Some lines in the records below may hold the word "antt"; give the number of those lines and nothing else.
BEGIN MATERIAL FOR THIS TASK
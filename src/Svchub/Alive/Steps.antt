-- ===== src/Svchub/Alive/Steps.antt =====
-- What the calls within an operation do to the count of the live services.
use minibase.Base.{
  ℕ, zero, suc, ◌+◌, ◌<◌, ◌≡◌, refl, sym, ap, ◌∙◌, Bool, true, false, ◌∷◌, ◌++◌, none, arith, ◌==◌,
  if◌then◌else◌, Bool-cases, Option-cases, inl, inr, length, length-set, Bytes,
}
use minibase.Base.Int.{ℤ, pos, negsuc, is_neg}
use minibase.Svchub.State.{
  Flags, unwatch_fd, close_fd, unmap_ring, fork_exec, Top, Kernel, conn_at, proc_at,
}
use minibase.Strings.Compare.{is_zero}
use minibase.Svchub.Proc.{
  init_dir, Ret, returns, flush_ring_buf, spawn_proc, spawn_path, spawn_forked, save_child_pipe,
}
use minibase.Svchub.Ring.{close_proc}
use minibase.Svchub.Conn.{close_conn, notify, notify_from, notify_dead, is_positive}
use minibase.Svchub.Alive.{
  count_alive, Counted, set-get_or, count_alive-set, Others, logged-Others, put-Others,
  with-Counted,
}

pub close_proc-Others : (c : Top) (i : ℕ) (f : Flags) → Others i f c → Others i f (close_proc c i)
unfolding close_proc
close_proc-Others c i f h = elim (Bool-cases (is_neg (proc_at c i).fd)) [
  | inl closed ↦ rw closed h
  | inr watched ↦ rw watched (
      logged-Others _ i f (close_fd (proc_at c i).fd) (
        logged-Others _ i f (unwatch_fd (proc_at c i).fd)
          (put-Others c i f (record (proc_at c i) { fd = negsuc 0 }) h h.flags_same)))
]

pub flush_ring_buf-Others :
    (k : Kernel) (c : Top) (i : ℕ) (f : Flags)
    → Others i f c
    → Others i f (flush_ring_buf k c i).top
unfolding flush_ring_buf
flush_ring_buf-Others k c i f h = elim (Option-cases (proc_at c i).ring) [
  | inl nothing ↦ rw (flush_ring_buf, nothing) h
  | inr (ring, something) ↦
      rw (flush_ring_buf, something)
        (elim (Bool-cases (is_neg k.unmap)) [
          | inl failed ↦ rw failed (
              logged-Others _ i f unmap_ring
                (put-Others c i f (record (proc_at c i) { ptr = 0 }) h h.flags_same))
          | inr unmapped ↦ rw unmapped (
              logged-Others _ i f unmap_ring
                (put-Others c i f (record (proc_at c i) { ring = none; ptr = 0 }) h h.flags_same))
        ])
]

pub close_conn-same :
    (c : Top) (j : ℕ) → ((close_conn c j).procs ≡ c.procs) × ((close_conn c j).nalive ≡ c.nalive)
unfolding close_conn
close_conn-same c j = ground arith

pub notify-same :
    (k : Kernel) (c : Top) (j : ℕ)
    → ((notify k c j).procs ≡ c.procs) × ((notify k c j).nalive ≡ c.nalive)
unfolding notify
notify-same k c j = ground (arith, close_conn-same c j)

pub notify_from-same :
    (left : ℕ) (k : Kernel) (c : Top) (j pid : ℕ)
    → ((notify_from k c left j pid).procs ≡ c.procs)
      × ((notify_from k c left j pid).nalive ≡ c.nalive)
unfolding notify_from
notify_from-same zero k c j pid = (refl, refl)
notify_from-same (suc left) k c j pid =
    let next = if (conn_at c j).pid == pid then notify k c j else c in
    let rest = notify_from-same left k next (j + 1) pid in
    let here = one_notice k c j ((conn_at c j).pid == pid) in (rest.0 ∙ here.0, rest.1 ∙ here.1)
  where
    one_notice :
        (k : Kernel) (c : Top) (j : ℕ) (b : Bool)
        → ((if b then notify k c j else c).procs ≡ c.procs)
          × ((if b then notify k c j else c).nalive ≡ c.nalive)
    one_notice k c j true = notify-same k c j
    one_notice k c j false = (refl, refl)

pub notify_dead-Counted :
    (k : Kernel) (c : Top) (pid : ℕ) → Counted c → Counted (notify_dead k c pid)
unfolding notify_dead
notify_dead-Counted k c pid h =
    let same = notify_from-same c.nconns k c 0 pid in
    same.1 ∙ h ∙ ap (λ ps. pos (count_alive ps)) (sym same.0)

pub save_child_pipe-Counted :
    (c : Top) (i : ℕ) (piped : Bool) (fd : ℤ)
    → i < length c.procs
    → Counted c
    → Counted (save_child_pipe c i piped fd)
unfolding save_child_pipe
save_child_pipe-Counted c i false fd v h = h
save_child_pipe-Counted c i true fd v h =
    h
    ∙ ap pos (
        ap count_alive (sym (set-get_or c.procs i))
        ∙ count_alive-set c.procs i (proc_at c i) v
        ∙ sym (count_alive-set c.procs i (record (proc_at c i) { fd = fd }) v))

pub spawn_forked-Counted :
    (k : Kernel) (c : Top) (i : ℕ) (f : Flags) (path : Bytes) (piped : Bool) (ret : ℤ) (n : ℕ)
    → Others i f c
    → f.status ≡ false
    → k.fork ≡ pos (suc n)
    → Counted (spawn_forked k c i path piped ret).top
unfolding spawn_forked
spawn_forked-Counted k c i f path piped ret n h on e =
    rw (spawn_forked, e)
      (save_child_pipe-Counted _ i piped k.pipe_fd
        (omega (arith, length-set c.procs i (record (proc_at c i) { pid = suc n }), h.valid))
        (with-Counted c i f (suc n) (fork_exec path ∷ c.log) h on (λ z. omega arith)))

-- What the kernel answers: a fork works and returns a pid to the parent, `pipe2` returns 0 or an error.
pub record Forks (k : Kernel) : Type 0 where
  pub child : ℕ
  pub fork_is : k.fork ≡ pos (suc child)
  pub pipe_is : is_positive k.pipe ≡ false

-- A start that fails changes nothing, one that does not counts the service in.
pub record Spawned (c : Top) (r : Ret) : Type 0 where
  pub failed : is_neg r.ret ≡ true → r.top ≡ c
  pub started : is_neg r.ret ≡ false → Counted r.top

unstarted : (c : Top) (ret : ℤ) → is_neg ret ≡ true → Spawned c (returns c ret)
unstarted c ret neg = record { failed = λ e. refl; started = λ e. cc (sym neg ∙ e) }

pub forked :
    (k : Kernel) (c : Top) (i : ℕ) (f : Flags) (path : Bytes) (piped : Bool) (ret : ℤ)
    → Others i f c
    → f.status ≡ false
    → Forks k
    → Spawned c (spawn_forked k c i path piped ret)
unfolding spawn_forked
forked k c i f path piped ret h on forks = record {
  failed = λ e. cc (rw (spawn_forked, forks.fork_is) at e);
  started = λ e. spawn_forked-Counted k c i f path piped ret forks.child h on forks.fork_is;
}

pub nonzero_neg : (r : ℤ) → is_positive r ≡ false → is_zero r ≡ false → is_neg r ≡ true
nonzero_neg (pos zero) h k = cc k
nonzero_neg (pos (suc n)) h k = cc h
nonzero_neg (negsuc n) h k = refl

pub spawn_proc-Spawned :
    (k : Kernel) (c : Top) (i : ℕ) (f : Flags)
    → Others i f c
    → f.status ≡ false
    → Forks k
    → Spawned c (spawn_proc k c i)
unfolding spawn_proc spawn_path
spawn_proc-Spawned k c i f h on forks = elim (Bool-cases (is_neg k.access)) [
  | inl missing ↦ rw missing (unstarted c k.access missing)
  | inr found ↦ rw found (elim (Bool-cases (proc_at c i).flags.pass) [
    | inl pass ↦ rw pass (forked k c i f (init_dir ++ (proc_at c i).name) false k.access h on forks)
    | inr piped ↦ rw piped (elim (Bool-cases (is_zero k.pipe)) [
      | inl made ↦ rw made (forked k c i f (init_dir ++ (proc_at c i).name) true k.pipe h on forks)
      | inr refused ↦ rw refused (unstarted c k.pipe (nonzero_neg k.pipe forks.pipe_is refused))
    ])
  ])
]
END MATERIAL FOR THIS TASK
§ **ANSWER BOX**: 2